“History of Wolves” by Emily Fridlund: “The false belief that anything could ever end”.

Narrator Madeline, called Linda at school, recalls her childhood in the backwoods of northern Minnesota, where her lapsed hippie parents scrape a living after the failure of their commune. A teenage loner with no real friends, she lives in a kind of emotional vacuum between her strong, silent father “who always made it seem a great kindness… not to ask too many questions” and self-absorbed, insensitive mother with her half-finished projects, of which Linda is one. Expected to undertake adult tasks from an early age – chopping wood, feeding and exercising the dogs, walking miles in the dark after school to fetch drain unblocker – yet also given total freedom to roam, Linda observes people with the same forensic eye she applies to the natural world, but is often unable to interact “normally”, to the point of seeming autistic. She tends to become obsessed with other “outsiders”, like teacher with a shady past, Mr Grierson, who may have seduced pliant Lily, mocked for being part-Indian, which she never denies.

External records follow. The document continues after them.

-- ===== src/Examples/Groups.antt =====
-- The theorem on the end of a group of QUIC connections, at a concrete input.
use ctaps.Prelude.{ℕ, refl, true, none, List, [], ◌∷◌, arith}
use ctaps.SocketManager.State.{ConnectionState, Connection, Manager, graceful, find_connection}
use ctaps.SocketManager.Closing.{was_closed}
use ctaps.Quic.Groups.{Ended, opens, settled, handle_ended_group}
use ctaps.Quic.Groups.Runs.{handle_ended_group-Ended}

abbrev connection : ℕ → ConnectionState → Connection
connection u s = record {
  uuid = u;
  state = s;
  can_send = true;
  can_receive = true;
  on_ready = true;
  on_closed = true;
  on_connection_error = true;
  on_establishment_error = true;
}

abbrev group : List Connection
group =
    connection 1 ConnectionState.established
    ∷ connection 2 ConnectionState.closed
    ∷ connection 3 ConnectionState.established
    ∷ []

abbrev manager : Manager
manager = record {
  ref_count = 3;
  all_connections = group;
  listener = none;
  close_reason = graceful;
  calls = [];
}

handle_ended_group-Ended_example :
    Ended was_closed (opens group) manager (settled (handle_ended_group was_closed group manager))
unfolding find_connection
handle_ended_group-Ended_example =
    handle_ended_group-Ended was_closed group manager ((refl, (refl, tt)), ((refl, tt), (tt, tt)))
      (refl, (refl, (refl, tt))) (omega arith) refl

When the Gardners occupy a lakeside house in the area, Linda is paid to childmind their precocious four-year-old son Paul, and is surprised by the unfamiliar sensation of bonding with the little boy, also perhaps developing a crush on his mother Patra, who seems at times like an older sister. Linda notices Patra’s moments of “breathtaking tenderness” for her son, only to neglect him in her abject need to please dominant husband Leo. He turns out to be a third generation Christian Scientist which sits oddly with his profession as an academic astronomer. Members of this religion will not be pleased with the portrayal of their beliefs in this book, as troubling signs of something amiss in the Gardner family gradually builds up to a tragedy in which Linda is implicated.

This highly original, quirky novel is marked by a string of striking descriptions which enable one to visualise or sense situations even if entirely outside one’s experience: the changing colours in the sky above a lake as the night draws in; the behaviour of dogs; the pleasure of watching a child’s absorption in doing a jigsaw; a mother’s fruitless efforts to induce her teenage daughter to talk to her.

There are sharp insights, and bitter ironies as in the case of Mr Grierson who may have been punished for actions he only thought of committing – a twist of the Christian Scientist belief that “it’s not what you do but what you think that matters”.

Yet the critical incident, which arguably haunts and defines the rest of Linda’s life, remains unclear in some key respects and insufficiently explored. This may be deliberate since the author is more interested in capturing an individual’s thought processes together with the fragmented, even inaccurate impressions she may draw from a situation.

What may seem like a weakness in what I found to be the artificial, unconvincing conversations involving Leo and later Linda’s lover Rom may also be intentional, in that Linda either does not understand what the former is saying or resents the latter’s attempt to pin her down.

Perhaps a novel such as this can only have an ambiguous ending, but I was somewhat disappointed by what seemed a creative writer’s damp squib of a final twist which provides a somewhat weak conclusion. It left me with a sense of sadness over a life which seems needlessly blighted, since Linda is portrayed for much of the book as a bright, resilient person with a wry take on the world.